Knowledge that the advertisement or label was false in the past does not equate to knowledge that it will remain false in the future. In some cases, the threat of future harm may be the consumer’s plausible allegations that she will be unable to rely on the product’s advertising or labeling in the future, and so will not purchase the product although she would like to. In other cases, the threat of future harm may be the consumer’s plausible allegations that she might purchase the product in the future, despite the fact it was once marred by false advertising or labeling, as she may reasonably, but incorrectly, assume the product was improved.

This result also prevents the untoward result that, otherwise, removing a case from state to federal court—as happened here—would enable a defendant to get rid of a remedy otherwise available.  After all, “the primary form of relief available under the UCL to protect consumers from unfair business practices is an injunction.” Without injunctive relief, “California’s consumer protection laws would be effectively gutted.”  Or there could be a “perpetual loop” of “plaintiffs filing their state law consumer protection claims in California state court, defendants removing the case to federal court, and the federal court dismissing the injunctive relief claims for failure to meet Article III’s standing requirements.”
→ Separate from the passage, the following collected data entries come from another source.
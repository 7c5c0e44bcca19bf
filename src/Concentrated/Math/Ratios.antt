-- ===== src/Concentrated/Math/Ratios.antt =====
-- liquidity_pool_concentrated/src/math.rs: the price at a tick, and the tick at a price.
pub mod Product
use soroban_amm.Prelude.{
  ℕ, zero, suc, ◌+◌, ◌-◌, ◌*◌, ◌/◌, ◌%◌, ◌^◌, Bool, true, false, ◌||◌, not, List, [], ◌∷◌, ltb, leb,
  ◌==◌, if◌then◌else◌,
}
use soroban_amm.Host.{Math, Result, ok, ◌>>=◌, ◌>>◌, panic_if, concentrated, ConcentratedPoolError}
use soroban_amm.Host.Integer.{ℤ, pos, negsuc, pos_part, neg_part, sub_ℕ, ◌+ℤ◌, ◌-ℤ◌, ltb_ℤ}
use soroban_amm.Concentrated.U512.{max_u256}
use soroban_amm.Concentrated.Ticks.{min_tick, max_tick, eqb_ℤ, times}
use soroban_amm.Concentrated.Math.{u256_mul_shift_128, u256_to_u128, min_sqrt_ratio, max_sqrt_ratio}

-- `TICK_MULTIPLIERS`
abbrev pub tick_multipliers : List ℕ
tick_multipliers =
    340265354078544963557816517032075149313 ∷ 340248342086729790484326174814286782778
    ∷ 340214320654664324051920982716015181260 ∷ 340146287995602323631171512101879684304
    ∷ 340010263488231146823593991679159461444 ∷ 339738377640345403697157401104375502016
    ∷ 339195258003219555707034227454543997025 ∷ 338111622100601834656805679988414885971
    ∷ 335954724994790223023589805789778977700 ∷ 331682121138379247127172139078559817300
    ∷ 323299236684853023288211250268160618739 ∷ 307163716377032989948697243942600083929
    ∷ 277268403626896220162999269216087595045 ∷ 225923453940442621947126027127485391333
    ∷ 149997214084966997727330242082538205943 ∷ 66119101136024775622716233608466517926
    ∷ 12847376061809297530290974190478138313 ∷ 485053260817066172746253684029974020
    ∷ 691415978906521570653435304214168 ∷ 1404880482679654955896180642 ∷ []

module _ ⦃m : Math⦄ where
  -- The loop over the multipliers; the lowest bit of `bits` says whether the first of them is used.
  unfoldable pub multiply_ratio : List ℕ → ℕ → ℕ → Result ℕ
  multiply_ratio [] bits ratio = ok ratio
  multiply_ratio (mul ∷ muls) bits ratio = do
    ratio' ← if bits % 2 == 1 then u256_mul_shift_128 ratio mul else ok ratio
    multiply_ratio muls (bits / 2) ratio'

  unfoldable pub sqrt_ratio_at_tick : ℤ → Result ℕ
  sqrt_ratio_at_tick tick = do
    panic_if (ltb_ℤ tick min_tick || ltb_ℤ max_tick tick)
        (concentrated ConcentratedPoolError.tick_out_of_bounds)
    let abs_tick = pos_part tick + neg_part tick
    product ← multiply_ratio tick_multipliers abs_tick (m.shl 1 128)
    ratio ← if ltb_ℤ (pos 0) tick then m.div max_u256 product else ok product
    let sqrt_price_x96 = m.shr ratio 32
    rest ← m.rem ratio (m.shl 1 32)
    if rest == 0 then ok sqrt_price_x96 else m.add sqrt_price_x96 1

-- 128-bit times 128-bit, as the high and the low half. No sum here overflows 128 bits.
unfoldable pub widening_mul : ℕ → ℕ → ℕ × ℕ
widening_mul a b =
    let a0 = a % 2 ^ 64 in
    let a1 = a / 2 ^ 64 in
    let b0 = b % 2 ^ 64 in
    let b1 = b / 2 ^ 64 in
    let p00 = a0 * b0 in
    let p01 = a0 * b1 in
    let p10 = a1 * b0 in
    let p11 = a1 * b1 in
    let mid = p00 / 2 ^ 64 + p01 % 2 ^ 64 + p10 % 2 ^ 64 in
    let lo = p00 % 2 ^ 64 + mid % 2 ^ 64 * 2 ^ 64 in
    let hi = p11 + p01 / 2 ^ 64 + p10 / 2 ^ 64 + mid / 2 ^ 64 in (hi, lo)

-- `127 - n.leading_zeros()` of a number of at most `fuel` bits that is not zero.
unfoldable pub highest_bit : ℕ → ℕ → ℕ
highest_bit zero n = 0
highest_bit (suc fuel) n =
    let above = highest_bit fuel (n / 2) in if n / 2 == 0 then 0 else suc above

abbrev pub log_sqrt10001 : ℕ
log_sqrt10001 = 255738958999603826347141

abbrev pub tick_low_error : ℕ
tick_low_error = 3402992956809132418596140100660247210

abbrev pub tick_hi_error : ℕ
tick_hi_error = 291339464771989622907027621153398088495

-- `r`, with 128 bits of which the highest is set.
unfoldable pub normalized : ℕ → ℕ → ℕ → ℕ
normalized ratio_hi ratio_lo msb =
    if leb 128 msb
    then ratio_hi * 2 ^ (128 - (msb - 127)) % 2 ^ 128 + ratio_lo / 2 ^ (msb - 127)
    else ratio_lo * 2 ^ (127 - msb) % 2 ^ 128

-- The loop over the bits of the logarithm: `turns` bits from `50 + turns - 1` down to 50.
unfoldable pub log_bits : ℕ → ℕ → ℤ → ℤ
log_bits zero r log_2 = log_2
log_bits (suc turns) r log_2 =
    let (sq_hi, sq_lo) = widening_mul r r in
    let f = sq_hi / 2 ^ 127 in
    let r' = if f == 0 then sq_hi * 2 % 2 ^ 128 + sq_lo / 2 ^ 127 else sq_hi in
    log_bits turns r' (log_2 +ℤ pos (f * 2 ^ (50 + turns)))

-- The product of the logarithm with `LOG_SQRT10001`, as a signed high and an unsigned low half.
unfoldable pub log_halves : ℤ → ℤ × ℕ
log_halves log_2 =
    let (mul_hi, mul_lo) = widening_mul (pos_part log_2 + neg_part log_2) log_sqrt10001 in
    if not (ltb_ℤ log_2 (pos 0))
    then (pos mul_hi, mul_lo)
    else if mul_lo == 0
    then (sub_ℕ 0 mul_hi, 0)
    else (sub_ℕ 0 mul_hi -ℤ pos 1, 2 ^ 128 - mul_lo)

-- The two candidates for the tick.
unfoldable pub tick_bounds : ℤ × ℕ → ℤ × ℤ
tick_bounds (log_hi, log_lo) = (
  log_hi -ℤ pos (if ltb log_lo tick_low_error then 1 else 0),
  log_hi +ℤ pos (if leb (2 ^ 128) (log_lo + tick_hi_error) then 1 else 0),
)

module _ ⦃m : Math⦄ where
  unfoldable pub tick_at_sqrt_ratio : ℕ → Result ℤ
  tick_at_sqrt_ratio sqrt_price_x96 = do
    panic_if (ltb sqrt_price_x96 min_sqrt_ratio || leb max_sqrt_ratio sqrt_price_x96)
        (concentrated ConcentratedPoolError.price_out_of_bounds)
    let ratio = m.shl sqrt_price_x96 32
    ratio_hi ← u256_to_u128 (m.shr ratio 128)
    low ← m.sub ratio (m.shl (m.shr ratio 128) 128)
    ratio_lo ← u256_to_u128 low
    let msb = if ltb 0 ratio_hi then 128 + highest_bit 128 ratio_hi else highest_bit 128 ratio_lo
    let r = normalized ratio_hi ratio_lo msb
    let log_2 = log_bits 14 r (times (pos msb -ℤ pos 128) (2 ^ 64))
    let (tick_low, tick_hi) = tick_bounds (log_halves log_2)
    elim (eqb_ℤ tick_low tick_hi) [
      | true ↦ ok tick_low
      | false ↦ do
        at_hi ← sqrt_ratio_at_tick tick_hi
        ok (if leb at_hi sqrt_price_x96 then tick_hi else tick_low)
    ]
Given Davidson’s allegations, she adequately alleged a desire to buy flushable wipes and an inability to rely on Kimberly-Clark’s representation of flushability, which was enough to constitute a “threatened injury [that is] certainly impending,” thereby establishing Article III standing to assert a claim for injunctive relief.

Judge Berzon concurred, noting that the majority assumed that it was required to perform a separate standing analysis for each “form of relief.”  She disagreed that this assumption was a requirement of the “case or controversy” requirement of Article III, and argued that it was instead “an artifact of the discredited practice of conflating the prerequisites for injunctive relief with the Article III prerequisites for entry into federal court.” Instead, “we have a single dispute—a single case, a single controversy—giving rise to multiple forms of relief.”  Where “state law clearly envisions those remedies as the product of a single adjudication of a single issue,” to proceed otherwise in federal court “fundamentally undermines, substantively, the enforcement of state laws in federal court.”  A remand to state court on injunctive relief alone was motivated by the same desire not to let defendants strip plaintiffs of their state-law remedies through removing a case over which there is clearly Article III jurisdiction, but was not an acceptable solution. 

Citing Lexmark, she contended that federal courts “have a history of improperly elevating the prerequisites for relief to the status of jurisdictional hurdles.” In Judge Berzon’s reading, the Supreme Court case on which the 9th Circuit relied to require separate Article III analysis of each remedy in previous cases, Lyons, did not actually make the jurisdiction/remedy mistake, but rather inquired into whether the nonjurisdictional requirements for equitable prospective relief were met, and concluded they were not because of the absence of irreparable harm. This is of little consequence in most cases following Lyons, because where the availability of injunctive relief is governed by federal law, the common-law prerequisites for injunctive relief “must eventually be satisfied, and largely mirror the standing prerequisites.” But that’s not good enough when this interpretation “imposes substantive limits on the availability of relief under state law, in the service of constitutional interests that aren’t actually under threat.” 


Still, Judge Berzon concurred fully, recognizing that the 9th Circuit en banc opinion interpreting Lyons the other way does require a separate standing analysis with regard to prospective relief.